I went ahead and reset my bios to optimum defaults and started this post, because I feel like if I tinker any further I'll cause some sort of irrecoverable damage to my hardware and data.

I'm downloading a boot cd with free cpu/ram testing utilities so I can safely stress test after making any changes you recommend to me.


Awaiting your great advice and infinite wisdom, ray:
~Twistdshade


----------



## twistdshade (Feb 6, 2007)

Mobo link fixed.. this one is in english.


----------



## twistdshade (Feb 6, 2007)

I took some pictures of my rig, and recorded a short vid of my bios menu to give you a better idea of my setup. You can view them here; http://thegoodfellasguild.com/tsf

Right now the fan behind my cpu blows air in, and the cpu fan blows air up from the bottom.

I was thinking of turning the case fan around to where it blows air out instead of in, and turning the cpu fan to where the air is blown from the front to the back, and exhausted out the rear. This would theoretically reduce case temps and lower cpu temps as well.

What do you guys think?


----------



## Tyree (May 10, 2009)

Rule of thumb for case fans-Front fan blows in-Rear fan blows out-CPU fan blows to rear. 
Side and top fans can actually disrupt proper airflow so experimentation is required.


----------



## twistdshade (Feb 6, 2007)

Yeah, I've heard side fans can cause hot spots, but I think mine is large enough to create an even airflow. I'll definitely turn the rear fan around and direct the cpu to the back. I'll have to order some new thermal compound though, thinking of getting some Arctic Silver 5..

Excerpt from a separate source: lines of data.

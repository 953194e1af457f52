-- ===== src/Preflop/Amounts.antt =====
-- The recommended moves and amounts: agents/team1_agent/preflop/tools/action_evaluator.py.
use adk_poker.Base.{
  ℕ, ◌+◌, ◌*◌, ◌≤◌, ◌≡◌, refl, max, Bool, true, false, List, [], ◌∷◌, arith, Option, none, some,
  Text,
}
use adk_poker.Result.{Result, ok, Yields, bind-Yields}
use adk_poker.Cards.{Card}
use adk_poker.Cards.Text.{card_text}
use adk_poker.Preflop.Classify.{classify_hand}
use adk_poker.Preflop.Printed.{classify_hand-shorthand}
use adk_poker.Preflop.Suggest.{
  Known, Move, fold, suggest, Suggestion, suggestion, adjusted, count_raises, analyze_position,
  evaluate_preflop_action,
}

abbrev pub is_fold : Move → Bool
is_fold fold = true
is_fold _ = false

suggest_limits :
    (n a stack to_call blind : ℕ)
    → let (move, amount) = suggest n a stack to_call blind in
      (amount ≤ max to_call (blind * 3) + stack)
      × (2 ≤ n → amount ≤ stack)
      × (is_fold move ≡ true → amount ≡ 0)
unfolding suggest
suggest_limits n a stack to_call blind = (ground arith, (λ h. ground arith), λ h. ground arith)

-- Stronger hands and fewer raises.
pub suggest_monotone :
    (m n a b stack to_call blind : ℕ)
    → a ≤ b
    → m ≤ n
    → is_fold (suggest m b stack to_call blind).0 ≡ true
    → is_fold (suggest n a stack to_call blind).0 ≡ true
unfolding suggest
suggest_monotone m n a b stack to_call blind h k f = ground arith

-- What a suggestion may say, with this stack, call and blind.
abbrev pub Limited : ℕ → ℕ → ℕ → Suggestion → Type 0
Limited stack to_call blind s =
    (s.recommended_amount ≤ max to_call (blind * 3) + stack)
    × (2 ≤ s.prior_raises → s.recommended_amount ≤ stack)
    × (is_fold s.recommended_action ≡ true → s.recommended_amount ≡ 0)

suggestion-Limited :
    (actions : List Text) (stack to_call blind a : ℕ)
    → Limited stack to_call blind (suggestion actions stack to_call blind a)
unfolding suggestion
suggestion-Limited actions stack to_call blind a =
    suggest_limits (count_raises actions) a stack to_call blind

-- The score is computed.
abbrev Computed {ℓ} : {A : Type ℓ} → Result A → Type ℓ
Computed = Yields (λ _. Unit {0})

module _ (c d : Card) (text text' : Text) (h : 2 ≤ c.rank) (k : c.rank ≤ 14) (h' : 2 ≤ d.rank)
    (k' : d.rank ≤ 14) (e : card_text c ≡ ok text) (e' : card_text d ≡ ok text') where
  analyze_position-Computed :
      (position : Text) → Computed (analyze_position (text ∷ text' ∷ []) position)
  unfolding analyze_position
  analyze_position-Computed position =
      bind-Yields (λ _. Unit {0}) (λ _. Unit {0}) (classify_hand (text ∷ text' ∷ []) position) _
        (_, classify_hand-shorthand c d text text' position h k h' k' e e', tt)
        λ hand_class _. (_, refl, tt)

  adjusted-Computed :
      (known : Option Known) (position : Text)
      → Computed (adjusted known (text ∷ text' ∷ []) position)
  unfolding adjusted
  adjusted-Computed (some known) position = (_, refl, tt)
  adjusted-Computed none position =
      bind-Yields (λ _. Unit {0}) (λ _. Unit {0}) (analyze_position (text ∷ text' ∷ []) position) _
        (analyze_position-Computed position) λ value _. (_, refl, tt)

  -- With two printed cards evaluate_preflop_action answers. The amount is 0 for a fold; after two
  -- raises or more it is at most the stack; and it is never above the stack together with the
  -- larger of the call and three blinds.
  pub evaluate_preflop_action-Limited :
      (position : Text) (actions : List Text) (stack to_call blind : ℕ) (known : Option Known)
      → Yields
          (Limited stack to_call blind)
          (evaluate_preflop_action (text ∷ text' ∷ []) position actions stack to_call blind known)
  unfolding evaluate_preflop_action
  evaluate_preflop_action-Limited position actions stack to_call blind known =
      bind-Yields (λ _. Unit {0}) (Limited stack to_call blind)
        (adjusted known (text ∷ text' ∷ []) position) _ (adjusted-Computed known position)
        λ a _. (_, refl, suggestion-Limited actions stack to_call blind a)
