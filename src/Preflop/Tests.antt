-- ===== src/Preflop/Tests.antt =====
-- Team 1's pre-flop tools on concrete hands: agents/team1_agent/preflop/tools/.
use adk_poker.Base.{ℕ, ◌≡◌, refl, [], ◌∷◌, arith, none, codes}
use adk_poker.Result.{ok, Yields}
use adk_poker.Cards.{Suit, Card, clubs, spades}
use adk_poker.Cards.Text.{card_text}
use adk_poker.Preflop.Classify.{hand_notation, classify_hand, navy}
use adk_poker.Preflop.Suggest.{evaluate_preflop_action, three_bet}
use adk_poker.Preflop.Printed.{shorthand, hand_notation-shorthand}
use adk_poker.Preflop.Amounts.{Limited, evaluate_preflop_action-Limited}

abbrev card : ℕ → Suit → Card
card rank suit = record { rank = rank; suit = suit }

ten_king : hand_notation (codes " 10♣") (codes "Kc ") ≡ ok (codes "KTo")
unfolding hand_notation
ten_king = refl

-- Two suits without a rank count as the best hands do.
no_ranks :
    Yields (λ k. k.category ≡ navy) (classify_hand (codes "♠" ∷ codes "♥" ∷ []) (codes "BTN"))
unfolding classify_hand
no_ranks = (_, refl, refl)

-- The amount of a third bet is above the stack.
short_stack :
    Yields
      (λ s. (s.recommended_action ≡ three_bet) × (s.recommended_amount ≡ 60))
      (evaluate_preflop_action
        (codes "A♠" ∷ codes "A♥" ∷ [])
        (codes "SB")
        (codes "UTG: Raise 40" ∷ [])
        25
        25
        20
        none)
unfolding evaluate_preflop_action
short_stack = (_, refl, (refl, refl))

hand_notation-shorthand_example :
    hand_notation (codes "10♣") (codes "K♠") ≡ ok (shorthand (card 10 clubs) (card 13 spades))
unfolding card_text
hand_notation-shorthand_example =
    hand_notation-shorthand (card 10 clubs) (card 13 spades) (codes "10♣") (codes "K♠")
      (omega arith) (omega arith) (omega arith) (omega arith) refl refl

evaluate_preflop_action-Limited_example : Yields (Limited 500 40 20) (
    evaluate_preflop_action
      (codes "10♣" ∷ codes "K♠" ∷ [])
      (codes "BB")
      (codes "UTG: raise 40" ∷ [])
      500
      40
      20
      none)
unfolding card_text
evaluate_preflop_action-Limited_example =
    evaluate_preflop_action-Limited (card 10 clubs) (card 13 spades) (codes "10♣") (codes "K♠")
      (omega arith) (omega arith) (omega arith) (omega arith) refl refl (codes "BB")
      (codes "UTG: raise 40" ∷ []) 500 40 20 none
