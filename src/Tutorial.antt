-- ===== src/Tutorial.antt =====
-- The hand evaluator that the tutorial agent has as a tool:
-- tutorial_agents/agent_with_tool/hand_evaluator_tool.py.
pub mod Parse
pub mod Simple
pub mod Tool
pub mod RoundTrip
pub mod Royal
pub mod Agrees
pub mod Branches
pub mod Printed
pub mod Reports
mod Tests
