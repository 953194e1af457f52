-- ===== src/Tutorial/Tool.antt =====
-- `hand_evaluator_tool` and `_score_from_rank_value` of
-- tutorial_agents/agent_with_tool/hand_evaluator_tool.py. The score is a number of ten-thousandths,
-- which is what `round(score, 4)` keeps of the quotient.
use adk_poker.Base.{ℕ, ◌+◌, ◌-◌, ◌*◌, ◌/◌, min, max, not, List, ◌==◌, if◌then◌else◌, length, Text}
use adk_poker.Result.{Result, ok, raise, value_error, or_raise, traverse, ◌>>=◌}
use adk_poker.Cards.{Card}
use adk_poker.Cards.Text.{card_text}
use adk_poker.Ranking.{HandRank, HandResult, rank_value}
use adk_poker.Tutorial.Parse.{parse_cards}
use adk_poker.Tutorial.Simple.{simple_evaluate, strength_text}

-- The numerator of `_score_from_rank_value`, over nine.
unfoldable pub score_ninths : ℕ → ℕ
score_ninths rank_value = max 1 (min rank_value 10) - 1

-- `round(score, 4)`: the nearest number of ten-thousandths. No ninth lies half way between two.
unfoldable pub rounded_score : ℕ → ℕ
rounded_score ninths = (ninths * 20000 + 9) / 18

-- The dict that the tool returns.
pub record Report : Type 0 where
  pub rank : HandRank
  pub value : ℕ
  pub strength_score : ℕ
  pub description : Text
  pub best_five_cards : List Text
  pub kickers : List ℕ
  pub your_cards : List Text
  pub community_cards : List Text

unfoldable pub report_of : List Card → List Card → HandResult → Result Report
unfolding card_text score_ninths rounded_score strength_text
report_of hole board hand = do
  best ← traverse card_text hand.cards
  yours ← traverse card_text hole
  community ← traverse card_text board
  ok (record {
    rank = hand.rank;
    value = rank_value hand.rank;
    strength_score = rounded_score (score_ninths (rank_value hand.rank));
    description = strength_text hand.rank;
    best_five_cards = best;
    kickers = hand.kickers;
    your_cards = yours;
    community_cards = community;
  })

-- `if len(hole) != 2: raise`
abbrev two_cards : List Card → Result (Unit {0})
two_cards hole = if not (length hole == 2) then raise value_error else ok tt

-- `hand_evaluator_tool`; a result `None` would raise at `result.rank`.
unfoldable pub hand_evaluator_tool : List Text → List Text → Result Report
unfolding parse_cards simple_evaluate report_of
hand_evaluator_tool your_cards community_cards = do
  hole ← parse_cards your_cards
  board ← parse_cards community_cards
  _ ← two_cards hole
  found ← simple_evaluate hole board
  hand ← or_raise found value_error
  report_of hole board hand
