-- ===== src/Tutorial/Reports.antt =====
-- `hand_evaluator_tool` of tutorial_agents/agent_with_tool/hand_evaluator_tool.py as a whole: texts
-- in, a report out.
use adk_poker.Base.{
  ℕ, ◌+◌, ◌*◌, ◌≤◌, ◌<◌, ◌≡◌, ◌≢◌, refl, ◌⊎◌, true, false, List, [], ◌∷◌, arith, length, All,
  All-append, length-append, some, Text,
}
use adk_poker.Result.{ok, raise, value_error, Yields, traverse}
use adk_poker.Cards.{Card}
use adk_poker.Cards.Text.{card_text}
use adk_poker.Ranking.{HandResult, rank_value}
use adk_poker.Tutorial.Parse.{parse_cards, has_duplicate}
use adk_poker.Tutorial.Simple.{simple_evaluate}
use adk_poker.Tutorial.Tool.{Report, report_of, hand_evaluator_tool, score_ninths, rounded_score}
use adk_poker.Tutorial.RoundTrip.{IsCard, Prints, parse_card-card_text, parse_cards-Prints}
use adk_poker.Tutorial.Printed.{simple_evaluate-HasBest}

Prints-traverse :
    (cards : List Card) (texts : List Text)
    → Prints cards texts
    → traverse card_text cards ≡ ok texts
Prints-traverse [] [] p = refl
Prints-traverse [] (t ∷ texts) p = elim p [ ]
Prints-traverse (c ∷ cards) [] p = elim p [ ]
Prints-traverse (c ∷ cards) (t ∷ texts) p = rw (p.0, Prints-traverse cards texts p.1)

printable : (cards : List Card) → All IsCard cards → (texts : List Text) × Prints cards texts
printable [] h = ([], tt)
printable (c ∷ cards) h =
    let (t, e, _) = parse_card-card_text c h.0 in
    let (texts, p) = printable cards h.1 in (t ∷ texts, (e, p))

-- What the report says of a hand.
abbrev pub Tells : HandResult → List Text → List Text → Report → Type 0
Tells hand yours community r =
    (r.rank ≡ hand.rank)
    × (r.kickers ≡ hand.kickers)
    × (r.value ≡ rank_value hand.rank)
    × Prints hand.cards r.best_five_cards
    × (r.your_cards ≡ yours)
    × (r.community_cards ≡ community)

report_of-Tells :
    (hole board : List Card) (yours community : List Text) (hand : HandResult)
    → Prints hole yours
    → Prints board community
    → All IsCard hand.cards
    → Yields (Tells hand yours community) (report_of hole board hand)
unfolding report_of
report_of-Tells hole board yours community hand p q h =
    let (best, b) = printable hand.cards h in
    rw
      (
        Prints-traverse hand.cards best b,
        Prints-traverse hole yours p,
        Prints-traverse board community q,
      )
      (_, refl, (refl, refl, refl, b, refl, refl))

-- For two printed hole cards and any printed board, none of the two lists with a card twice,
-- hand_evaluator_tool answers. The report has the rank, its value and the kickers of the hand that
-- the evaluator finds, that hand's cards printed, and the given texts as the normalized input.
pub hand_evaluator_tool-Tells :
    (hole board : List Card) (yours community : List Text)
    → All IsCard hole
    → All IsCard board
    → Prints hole yours
    → Prints board community
    → length hole ≡ 2
    → has_duplicate hole ≡ false
    → has_duplicate board ≡ false
    → (hand : HandResult) × (simple_evaluate hole board ≡ ok (some hand))
      × Yields (Tells hand yours community) (hand_evaluator_tool yours community)
unfolding hand_evaluator_tool
hand_evaluator_tool-Tells hole board yours community h k p q two d e =
    let (hand, run, cards) =
      simple_evaluate-HasBest IsCard hole board (omega (arith, length-append hole board))
        (All-append IsCard hole board h k) in
    let read : parse_cards yours ≡ ok hole = rw d at (parse_cards-Prints hole yours h p) in
    let read' : parse_cards community ≡ ok board =
      rw e at (parse_cards-Prints board community k q) in
    (
      hand,
      run,
      rw (read, read', two, run) (report_of-Tells hole board yours community hand p q cards),
    )

-- With printed cards hand_evaluator_tool raises ValueError if there are not two hole cards, or a
-- card is twice in the hole or twice on the board.
pub hand_evaluator_tool_refused :
    (hole board : List Card) (yours community : List Text)
    → All IsCard hole
    → All IsCard board
    → Prints hole yours
    → Prints board community
    → (length hole ≢ 2) ⊎ ((has_duplicate hole ≡ true) ⊎ (has_duplicate board ≡ true))
    → hand_evaluator_tool yours community ≡ raise value_error
unfolding hand_evaluator_tool
hand_evaluator_tool_refused hole board yours community h k p q bad =
    rw (parse_cards-Prints hole yours h p, parse_cards-Prints board community k q)
      (ground (arith, bad))

-- The score of a value of a rank, in ten-thousandths.
abbrev pub score : ℕ → ℕ
score value = rounded_score (score_ninths value)

-- The score of a value is at most 1, within half a unit of the fourth decimal of the value's
-- distance from 1 in ninths, with values outside 1 to 10 clamped; it does not fall when the value
-- grows, and grows between 1 and 10.
pub score-bounds :
    (v w : ℕ)
    → (score v ≤ 10000)
      × (20000 * score_ninths v ≤ 18 * score v + 9)
      × (18 * score v ≤ 20000 * score_ninths v + 9)
      × (v ≤ w → score v ≤ score w)
      × (1 ≤ v → v < w → w ≤ 10 → score v < score w)
unfolding score_ninths rounded_score
score-bounds v w = (omega arith, omega arith, omega arith, λ h. omega arith, λ h k l. omega arith)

So do you have any pointers on the overclock?

I've read around in the forums, and from what I understand, it's generally better to increase fsb 10-20 at a time, and increasing voltage as the system grows unstable.

But I've already gotten it to run stable at 1600fsb 3.8 ghz.

I want to break 4gigs, but I can't do that with the ram at the stock frequency.


----------



## twistdshade (Feb 6, 2007)

Bumping this.. hope nobody minds.

Still looking for some info on upping my ram's frequency to increase maximum fsb to increase max cpu clock.

Info on voltages, timings, testing would be greatly appreciated.


----------



## twistdshade (Feb 6, 2007)

Got the mem running @900, timings set to auto and fsb increased slightly, just enough to get the adjusted memory freqency to match @900

Seems to be running stable, but I know my voltages are set higher than necessary. Got em set this high because I was trying to OC to 4.0 ghz, dropped my fsb down till it would run stable at these voltages 100 mhz at a time

http://dl.dropbox.com/u/1079641/Report2.txt


----------



## twistdshade (Feb 6, 2007)

I know people have had this CPU running at 4.5 on air, all I'm asking for is 4.0


----------



## greenbrucelee (Apr 24, 2007)

this is how you do it.

Disable C1E and Intel speedstep (you can enable them when you are overclocked if you want later)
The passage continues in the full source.